# Exercise aim
The records follow. Filter them to the lines that hold "fits".

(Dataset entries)
-- ===== src/OrderedDict/Laws.antt =====
-- What the operations of an ordered dict do to lookups and to its size.
use wterm.Prelude.{
  ℕ, suc, ◌+◌, ◌-◌, ◌≤◌, ◌<◌, ◌≡◌, refl, none, some, [], ◌∷◌, ◌++◌, arith, ltb, if◌then◌else◌,
  length, length-append, drop, drop-nil, drop_zero, tests, sym, DictKey, ◌==◌, Option-cases,
  Bool-cases, inl, inr,
}
use wterm.OrderedDict.{OrderedDict, trim, get, remove, put, move_to_end}

module _ {ℓ κ} {K : Type ℓ} {V : Type κ} where
  pub length-trim-le : (limit : ℕ) (d : OrderedDict K V) → length (trim limit d) ≤ limit
  unfolding trim
  length-trim-le limit [] = omega arith
  length-trim-le limit (x ∷ d) = ground (arith, length-trim-le limit d)

  -- Trimming drops the oldest entries, as many as are over the limit.
  pub trim-eq-drop : (limit : ℕ) (d : OrderedDict K V) → trim limit d ≡ drop (length d - limit) d
  unfolding trim
  trim-eq-drop limit [] = sym (drop-nil (0 - limit))
  trim-eq-drop limit (x ∷ d) = elim (Bool-cases (ltb limit (length (x ∷ d)))) [
    | inl over ↦
        let less : length (x ∷ d) - limit ≡ suc (length d - limit) = omega tests in
        rw (over, less) (trim-eq-drop limit d)
    | inr fits ↦
        let none_over : length (x ∷ d) - limit ≡ 0 = omega tests in
        rw fits (sym (drop_zero _ (x ∷ d) none_over))
  ]

  pub trim_small : (limit : ℕ) (d : OrderedDict K V) → length d ≤ limit → trim limit d ≡ d
  unfolding trim
  trim_small limit [] h = refl
  trim_small limit (x ∷ d) h = ground arith

module _ {ℓ κ} {K : Type ℓ} {V : Type κ} ⦃e : DictKey K⦄ where
  pub get-remove :
      (k j : K) (d : OrderedDict K V) → get j (remove k d) ≡ (if k == j then none else get j d)
  unfolding get remove
  get-remove k j [] = ground arith
  get-remove k j ((i, v) ∷ d) =
      ground (arith, get-remove k j d, e.equal_iff i k, e.equal_iff i j, e.equal_iff k j)

  pub get-put :
      (k j : K) (v : V) (d : OrderedDict K V)
      → get j (put k v d) ≡ (if k == j then some v else get j d)
  unfolding get put
  get-put k j v [] = refl
  get-put k j v ((i, w) ∷ d) =
      ground (arith, get-put k j v d, e.equal_iff i k, e.equal_iff i j, e.equal_iff k j)

  pub get-append :
      (j : K) (d f : OrderedDict K V)
      → get j (d ++ f) ≡ elim (get j d) [ none ↦ get j f | some v ↦ some v ]
  unfolding get
  get-append j [] f = refl
  get-append j ((i, v) ∷ d) f = ground (arith, get-append j d f)

  pub get-move_to_end : (k j : K) (d : OrderedDict K V) → get j (move_to_end k d) ≡ get j d
  unfolding move_to_end get
  get-move_to_end k j d = elim (Option-cases (get k d)) [
    | inl missing ↦ rw (missing, move_to_end)
    | inr (v, found) ↦
        rw (found, move_to_end)
          (ground
            (arith, get-append j (remove k d) ((k, v) ∷ []), get-remove k j d, e.equal_iff k j))
  ]

  pub length-remove-le : (k : K) (d : OrderedDict K V) → length (remove k d) ≤ length d
  unfolding remove
  length-remove-le k [] = omega arith
  length-remove-le k (x ∷ d) = ground (arith, length-remove-le k d)

  pub length-put-le : (k : K) (v : V) (d : OrderedDict K V) → length (put k v d) ≤ length d + 1
  unfolding put
  length-put-le k v [] = omega arith
  length-put-le k v (x ∷ d) = ground (arith, length-put-le k v d)

  pub length-put_known :
      (k : K) (v w : V) (d : OrderedDict K V) → get k d ≡ some w → length (put k v d) ≡ length d
  unfolding put get
  length-put_known k v w [] h = cc
  length-put_known k v w (x ∷ d) h = ground (arith, length-put_known k v w d)

  -- A known key's entry is dropped, so the dict gets shorter.
  pub length-remove_known :
      (k : K) (w : V) (d : OrderedDict K V) → get k d ≡ some w → length (remove k d) < length d
  unfolding remove get
  length-remove_known k w [] h = cc
  length-remove_known k w (x ∷ d) h =
      ground (arith, length-remove_known k w d, length-remove-le k d)

  pub length-move_to_end-le : (k : K) (d : OrderedDict K V) → length (move_to_end k d) ≤ length d
  unfolding move_to_end
  length-move_to_end-le k d = elim (Option-cases (get k d)) [
    | inl missing ↦ rw (missing, move_to_end) (omega arith)
    | inr (v, found) ↦
        rw (found, move_to_end)
          (omega (arith, length-append (remove k d) ((k, v) ∷ []), length-remove_known k v d found))
  ]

# Answer space
    | inr fits ↦
        rw fits (sym (drop_zero _ (x ∷ d) none_over))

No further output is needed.